- Salah Nagar Location in Punjab, India Salah Nagar Salah Nagar (India)
- Coordinates: 31°07′24″N 75°20′36″E﻿ / ﻿31.1233706°N 75.3434204°E
- Country: India
- State: Punjab
- District: Jalandhar
- Tehsil: Shahkot

Government
- • Type: Panchayat raj
- • Body: Gram panchayat
- Elevation: 240 m (790 ft)

Population (2011)
- • Total: 2,478
- Sex ratio 1273/1205 ♂/♀

Languages
- • Official: Punjabi
- Time zone: UTC+5:30 (IST)
- ISO 3166 code: IN-PB
- Vehicle registration: PB- 08
- Website: jalandhar.nic.in

= Salah Nagar =

Salah Nagar is a village in Shahkot in Jalandhar district of Punjab State, India. It is located 6 km from Shahkot, 13 km from Nakodar, 37 km from district headquarter Jalandhar and 168 km from state capital Chandigarh. The village is administrated by a sarpanch who is an elected representative of village as per Panchayati raj (India).

== Demography ==
As of 2011, Qadian has a total number of 546 houses and population of 2478 of which include 1273 are males while 1205 are females according to the report published by Census India in 2011. Literacy rate of the village is 77.52%, higher than state average of 75.84%. The population of children under the age of 6 years is 205 which is 8.27% of total population of the village, and child sex ratio is approximately 708 lower than state average of 846.

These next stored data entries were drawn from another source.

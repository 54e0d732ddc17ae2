-- ===== src/Driver/Campaigns.antt =====
-- Campaigns of src/run_farm/driver.py, run to the end and run again.
use mathlib.Core.Path.{subst}
use run_farm.Prelude.{
  ◌≡◌, ◌≢◌, refl, sym, ap, ◌∙◌, String, true, Option, none, List, [], ◌∷◌, string_eq, arith,
  Bool-cases, inl, inr, All,
}
use run_farm.Config.{Config}
use run_farm.Registry.{RunRegistry, IsRegistry, EventSink}
use run_farm.Driver.{
  Call, Ending, returned, raised, RunFn, Outcome, skipped, finished, failed, World, calls, conclude,
  execute_config, run_tasks, after_task, admitted, run_campaign,
}
use run_farm.Driver.Restart.{
  Settled, calls-kept, execute_config-Settled, skip-Settled, opened, attempt, ran,
}

module _ {S W E : Type 0} (registry : RunRegistry S W) (sink : EventSink S E)
    (laws : IsRegistry registry) where
  calls-Settled :
      (c d : Config) (xs : List (Call S)) (w : World W E)
      → Settled registry sink laws w.store d
      → Settled registry sink laws (calls registry sink c w xs).store d
  calls-Settled c d xs w h = ground (arith, calls-kept registry sink laws c d xs w)

  conclude-keeps :
      (c d : Config) (w : World W E) (ending : Ending)
      → Settled registry sink laws w.store d
      → Settled registry sink laws (conclude registry sink c w ending).1.store d
  conclude-keeps c d w (returned v) h =
      ground (arith, laws.registered-finish w.store c d v, laws.complete-finish w.store c d v)
  conclude-keeps c d w (raised e) h = h

  -- What is settled stays so.
  execute_config-keeps :
      (run_fn : RunFn S) (c d : Config) (w : World W E)
      → Settled registry sink laws w.store d
      → Settled registry sink laws (execute_config registry sink run_fn c w).1.store d
  unfolding execute_config
  execute_config-keeps run_fn c d w h =
      elim (Bool-cases (registry.is_complete (opened registry sink laws w c).store c)) [
        | inl done ↦ rw done first
        | inr open_run ↦ rw open_run (
            conclude-keeps c d (ran registry sink laws run_fn c w)
              (attempt registry sink laws run_fn c w).ending
              (calls-Settled c d (attempt registry sink laws run_fn c w).calls
                (opened registry sink laws w c) first))
      ]
    where
      first : Settled registry sink laws (opened registry sink laws w c).store d
      first =
          ground (arith, laws.registered-register w.store c d, laws.complete-register w.store c d)

  run_tasks-keeps :
      (run_fn : RunFn S) (cs : List Config) (d : Config) (w : World W E)
      → Settled registry sink laws w.store d
      → Settled registry sink laws (run_tasks registry sink run_fn cs w).1.store d
  unfolding run_tasks
  run_tasks-keeps run_fn [] d w h = h
  run_tasks-keeps run_fn (c ∷ cs) d w h =
      after (execute_config registry sink run_fn c w).0
        (run_tasks registry sink run_fn cs (execute_config registry sink run_fn c w).1) kept
        (run_tasks-keeps run_fn cs d (execute_config registry sink run_fn c w).1 kept)
    where
      kept : Settled registry sink laws (execute_config registry sink run_fn c w).1.store d
      kept = execute_config-keeps run_fn c d w h

      after :
          (o : Outcome) (rest : Option String × World W E)
          → Settled registry sink laws (execute_config registry sink run_fn c w).1.store d
          → Settled registry sink laws rest.1.store d
          → Settled registry sink laws
              (after_task registry sink o (execute_config registry sink run_fn c w).1 rest).1.store
              d
      after (failed e) rest k r = k
      after (finished v) rest k r = r
      after skipped rest k r = r

  after_task-eq-none :
      (o : Outcome) (w : World W E) (rest : Option String × World W E)
      → (after_task registry sink o w rest).0 ≡ none
      → ((e : String) → o ≢ failed e) × (after_task registry sink o w rest ≡ rest)
  after_task-eq-none (failed e) w rest h = absurd (cc)
  after_task-eq-none (finished v) w rest h = (λ e. cc, refl)
  after_task-eq-none skipped w rest h = (λ e. cc, refl)

  run_tasks-Settled :
      (run_fn : RunFn S) (cs : List Config) (w : World W E)
      → (run_tasks registry sink run_fn cs w).0 ≡ none
      → All (Settled registry sink laws (run_tasks registry sink run_fn cs w).1.store) cs
  unfolding run_tasks
  run_tasks-Settled run_fn [] w e = tt
  run_tasks-Settled run_fn (c ∷ cs) w e =
      let w' = (execute_config registry sink run_fn c w).1 in
      let (ok, same) =
        after_task-eq-none (execute_config registry sink run_fn c w).0 w'
          (run_tasks registry sink run_fn cs w') e in
      subst (λ (r : Option String × World W E). All (Settled registry sink laws r.1.store) (c ∷ cs))
        (sym same)
        (
          run_tasks-keeps run_fn cs c w' (execute_config-Settled registry sink laws run_fn c w ok),
          run_tasks-Settled run_fn cs w'
              (ap (λ (r : Option String × World W E). r.0) (sym same) ∙ e),
        )

  run_tasks-skips :
      (run_fn : RunFn S) (cs : List Config) (w : World W E)
      → All (Settled registry sink laws w.store) cs
      → run_tasks registry sink run_fn cs w ≡ (none, w)
  unfolding run_tasks
  run_tasks-skips run_fn [] w h = refl
  run_tasks-skips run_fn (c ∷ cs) w h =
      rw (skip-Settled registry sink laws run_fn c w h.0) (run_tasks-skips run_fn cs w h.1)

  -- A campaign that ended without an exception has a result for every config, and running it again,
  -- with whatever RunFn, changes nothing.
  pub run_campaign_again :
      (run_fn again : RunFn S) (cs : List Config) (w : World W E)
      → (run_campaign registry sink run_fn admitted cs w).0 ≡ none
      → All
          (λ c.
            registry.is_complete (run_campaign registry sink run_fn admitted cs w).1.store c ≡ true)
          cs
        × (run_campaign registry sink again admitted cs
              (run_campaign registry sink run_fn admitted cs w).1
            ≡ (none, (run_campaign registry sink run_fn admitted cs w).1))
  unfolding run_campaign
  run_campaign_again run_fn again cs w e = (
    completes cs (run_tasks-Settled run_fn cs w e),
    run_tasks-skips again cs _ (run_tasks-Settled run_fn cs w e),
  )
    where
      completes :
          (ds : List Config)
          → All (Settled registry sink laws (run_tasks registry sink run_fn cs w).1.store) ds
          → All
              (λ c. registry.is_complete (run_tasks registry sink run_fn cs w).1.store c ≡ true)
              ds
      completes [] h = tt
      completes (d ∷ ds) h = (h.0.1, completes ds h.1)
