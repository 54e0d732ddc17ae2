-- ===== src/Examples.antt =====
-- Concrete runs of the models, and the theorems at them.
pub mod ReapRuns
pub mod FleetRuns
pub mod FarmRuns
pub mod DriverRuns
pub mod MultiRuns
pub mod SweepRuns
pub mod LegRuns
pub mod ArrivalRuns
pub mod StoreRuns
pub mod HostedRuns
pub mod GauntletRuns
pub mod LandingRuns
pub mod WorkerRuns
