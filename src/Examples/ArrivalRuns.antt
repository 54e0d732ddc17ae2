-- ===== src/Examples/ArrivalRuns.antt =====
-- A fetched directory, moved by `publish` of src/run_farm/arrival.py into an empty one.
use run_farm.Prelude.{
  ℕ, ◌≡◌, ◌≢◌, refl, String, true, false, none, some, [], ◌∷◌, Dict, lookup, insert, string_eq,
  List, All, ◌⊎◌, inl, inr, list_eq, ◌==◌, if◌then◌else◌, sorted, ◌&&◌, not,
}
use run_farm.Arrival.{
  FilePath, Kind, file, directory, Node, leaf, branch, Entries, end, entry, Op, mkdir, place,
  insert_kid, sort_kids, all_ops, node_ops, kids, publish_ops, perform, perform_all, publish,
  Instant, now, later,
}
use run_farm.Arrival.Publish.{entries_at, Unique, UniqueNode}
use run_farm.Arrival.Marker.{tree_at, marker_after_payload}
use run_farm.Arrival.Files.{Disk, bad_zip, read, loaded}
use run_farm.Arrival.Report.{is_ok, verify_report}
use run_farm.Arrival.Intact.{passes, verify_report_ok}
use run_farm.Arrival.Early.{directory_marker_early}
use run_farm.Arrival.Atomic.{Files, replaced, raised, atomic_write}
use run_farm.Arrival.Atomic.Whole.{Whole, Left, atomic_write-Whole}
use run_farm.Arrival.Interleaved.{Beside, over, first, second}
use run_farm.Arrival.Beside.{Covers, marker-Beside}

-- A results file, the manifest that is the marker, and a directory.
abbrev staged : Entries ℕ
staged =
    entry "manifest.json" (leaf 2)
      (entry "plots" (branch (entry "a.png" (leaf 3) end)) (entry "field.npz" (leaf 1) end))

abbrev empty : Dict FilePath (Kind ℕ)
empty = []

abbrev published : Dict FilePath (Kind ℕ)
published =
    ([], directory)
    ∷ ("field.npz" ∷ [], file 1)
    ∷ ("plots" ∷ [], directory)
    ∷ ("plots" ∷ "a.png" ∷ [], file 3)
    ∷ ("manifest.json" ∷ [], file 2)
    ∷ []

-- What `scp -r` of a directory lands.
abbrev fetched : Entries ℕ
fetched = entry "out" (branch (entry "field.npz" (leaf 1) end)) end

abbrev nested : Entries ℕ
nested =
    entry "out"
      (branch (entry "run" (branch (entry "done" (leaf 2) end)) (entry "z.npz" (leaf 1) end))) end

abbrev moved : Dict FilePath (Kind ℕ)
moved = ([], directory) ∷ ("out" ∷ [], directory) ∷ ("out" ∷ "field.npz" ∷ [], file 1) ∷ []

fetched-Unique : Unique fetched
unfolding Unique UniqueNode
fetched-Unique = (tt, (tt, tt, tt), tt)

fetched_moves : publish ("out" ∷ []) fetched empty ≡ (true, moved)
unfolding publish lookup insert
fetched_moves = refl

publish_ops_test :
    publish_ops ("manifest.json" ∷ []) staged
    ≡ mkdir []
      ∷ place ("field.npz" ∷ []) 1
      ∷ mkdir ("plots" ∷ [])
      ∷ place ("plots" ∷ "a.png" ∷ []) 3
      ∷ place ("manifest.json" ∷ []) 2
      ∷ []
unfolding publish_ops
publish_ops_test = refl

publish_test : publish ("manifest.json" ∷ []) staged empty ≡ (true, published)
unfolding publish lookup insert
publish_test = refl

staged-Unique : Unique staged
unfolding Unique UniqueNode
staged-Unique = ((refl, (refl, tt)), tt, ((refl, tt), (tt, tt, tt), (tt, tt, tt)))

all_seen : Instant (publish_ops ("manifest.json" ∷ []) staged) empty published
unfolding publish_ops perform lookup insert
all_seen = later refl (later refl (later refl (later refl (later refl (now refl)))))

shown : lookup ("manifest.json" ∷ []) published ≢ none
unfolding lookup
shown = λ h. cc

marker_after_payload_example : lookup ("field.npz" ∷ []) published ≡ some (file 1)
unfolding tree_at lookup entries_at
marker_after_payload_example =
    marker_after_payload ("manifest.json" ∷ []) staged 2 empty published tt staged-Unique refl refl
      all_seen shown "field.npz" [] (file 1) refl

-- The directory itself is the marker.
directory_marker_early_example :
    (seen : Dict FilePath (Kind ℕ)) × Instant (publish_ops ("out" ∷ []) fetched) empty seen
    × (lookup ("out" ∷ []) seen ≡ some directory)
    × ((q : String) (p : FilePath) → lookup ("out" ∷ q ∷ p) seen ≡ lookup ("out" ∷ q ∷ p) empty)
unfolding entries_at
directory_marker_early_example =
    directory_marker_early "out" fetched empty moved fetched-Unique refl fetched_moves

-- A marker two directories deep is seen before a file beside the inner directory.
deep : Instant (publish_ops ("out" ∷ "run" ∷ "done" ∷ []) nested) empty (
    ([], directory)
    ∷ ("out" ∷ [], directory)
    ∷ ("out" ∷ "run" ∷ [], directory)
    ∷ ("out" ∷ "run" ∷ "done" ∷ [], file 2)
    ∷ [])
unfolding publish_ops perform lookup insert
deep = later refl (later refl (later refl (later refl (now refl))))

-- A root with an archive that is torn, and what a dead writer left.
abbrev disk : Disk
disk = record {
  exists = λ p. true;
  is_dir = λ p. p == "out";
  is_file = λ p. not (p == "out");
  size = λ p. 7;
  name = λ p. p;
  suffixes = λ p. if p == "field.npz" then ".npz" ∷ [] else ".tmp" ∷ [];
  child = λ root rel. rel;
  rglob = λ root pat. "state.tmp" ∷ "field.npz" ∷ [];
  zip = λ p. bad_zip "not a zip file";
  gzip = λ p. none;
  tar = λ p. none;
  read_text = λ p. read "{}";
  strip = λ s. s;
  json_error = λ s. none;
  npy = λ p. loaded;
  lower = λ s. s;
}

torn : is_ok (verify_report disk "out" [] ("*" ∷ [])) ≡ false
unfolding is_ok verify_report sorted run_farm.Arrival.Report.visit run_farm.Arrival.Files.is_residue
    run_farm.Arrival.Files.verifier_for run_farm.Arrival.Files.verify_file
torn = refl

verify_report_ok_example : is_ok (verify_report disk "out" ("field.npz" ∷ []) ("*" ∷ [])) ≡ (
    true
    && true
    && (true && true)
    && (passes disk "state.tmp" && (passes disk "field.npz" && true) && true))
verify_report_ok_example = verify_report_ok disk "out" ("field.npz" ∷ []) ("*" ∷ [])

-- A final fetch, and a pull from before the run ended that publishes beside it, and after it.
abbrev whole : Entries ℕ
whole = entry "manifest.json" (leaf 2) (entry "field.npz" (leaf 1) end)

abbrev early : Entries ℕ
early = entry "field.npz" (leaf 9) end

abbrev done : FilePath
done = "manifest.json" ∷ []

abbrev beside_ops : List (Op ℕ)
beside_ops =
    mkdir []
    ∷ mkdir []
    ∷ place ("field.npz" ∷ []) 1
    ∷ place done 2
    ∷ place ("field.npz" ∷ []) 9
    ∷ []

-- The marker is there, and the file beside it is the one of the early pull.
abbrev stale : Dict FilePath (Kind ℕ)
stale = ([], directory) ∷ ("field.npz" ∷ [], file 9) ∷ (done, file 2) ∷ []

in_turn : Beside (publish_ops done whole) (publish_ops done early) beside_ops
unfolding publish_ops
in_turn = first (second (first (first (second over))))

stale_seen : Instant beside_ops empty stale
unfolding perform lookup insert
stale_seen = later refl (later refl (later refl (later refl (later refl (now refl)))))

whole-Unique : Unique whole
unfolding Unique UniqueNode
whole-Unique = ((refl, tt), tt, (tt, tt, tt))

early-Unique : Unique early
unfolding Unique UniqueNode
early-Unique = (tt, tt, tt)

marker-Beside_example : Covers done whole stale ⊎ Covers done early stale
unfolding tree_at entries_at lookup
marker-Beside_example =
    marker-Beside done whole early beside_ops empty stale tt whole-Unique early-Unique
      (inr (2, refl)) (inl refl) refl in_turn stale_seen (λ e. cc)

-- A file that is written anew, and a writing that raises after one piece.
abbrev saved : Files ℕ
saved = ("state", 1 ∷ []) ∷ []

write_test :
    ((atomic_write "state" "state.tmp" (2 ∷ 3 ∷ []) replaced saved).1 ≡ ("state", 2 ∷ 3 ∷ []) ∷ [])
    × ((atomic_write "state" "state.tmp" (2 ∷ []) raised saved).1 ≡ saved)
unfolding atomic_write run_farm.Arrival.Atomic.ended
write_test = (refl, refl)

atomic_write-Whole_example :
    All
      (Whole "state" "state.tmp" refl replaced (2 ∷ 3 ∷ []) saved)
      (atomic_write "state" "state.tmp" (2 ∷ 3 ∷ []) replaced saved).0
    × Left "state" "state.tmp" refl replaced
        (2 ∷ 3 ∷ [])
        saved
        (atomic_write "state" "state.tmp" (2 ∷ 3 ∷ []) replaced saved).1
    × (lookup "state.tmp" (atomic_write "state" "state.tmp" (2 ∷ 3 ∷ []) replaced saved).1 ≡ none)
atomic_write-Whole_example = atomic_write-Whole "state" "state.tmp" refl (2 ∷ 3 ∷ []) replaced saved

Most of the people are from Schedule Caste which constitutes 37.69% of total population in the village. The town does not have any Schedule Tribe population so far.

As per census 2011, 874 people were engaged in work activities out of the total population of the village which includes 763 males and 111 females. According to census survey report 2011, 96.11% workers describe their work as main work and 3.89% workers are involved in marginal activity providing livelihood for less than 6 months.

== Transport ==
Shahkot Malisian station is the nearest train station. The village is 74 km away from domestic airport in Ludhiana and the nearest international airport is located in Chandigarh also Sri Guru Ram Dass Jee International Airport is the second nearest airport which is 108 km away in Amritsar.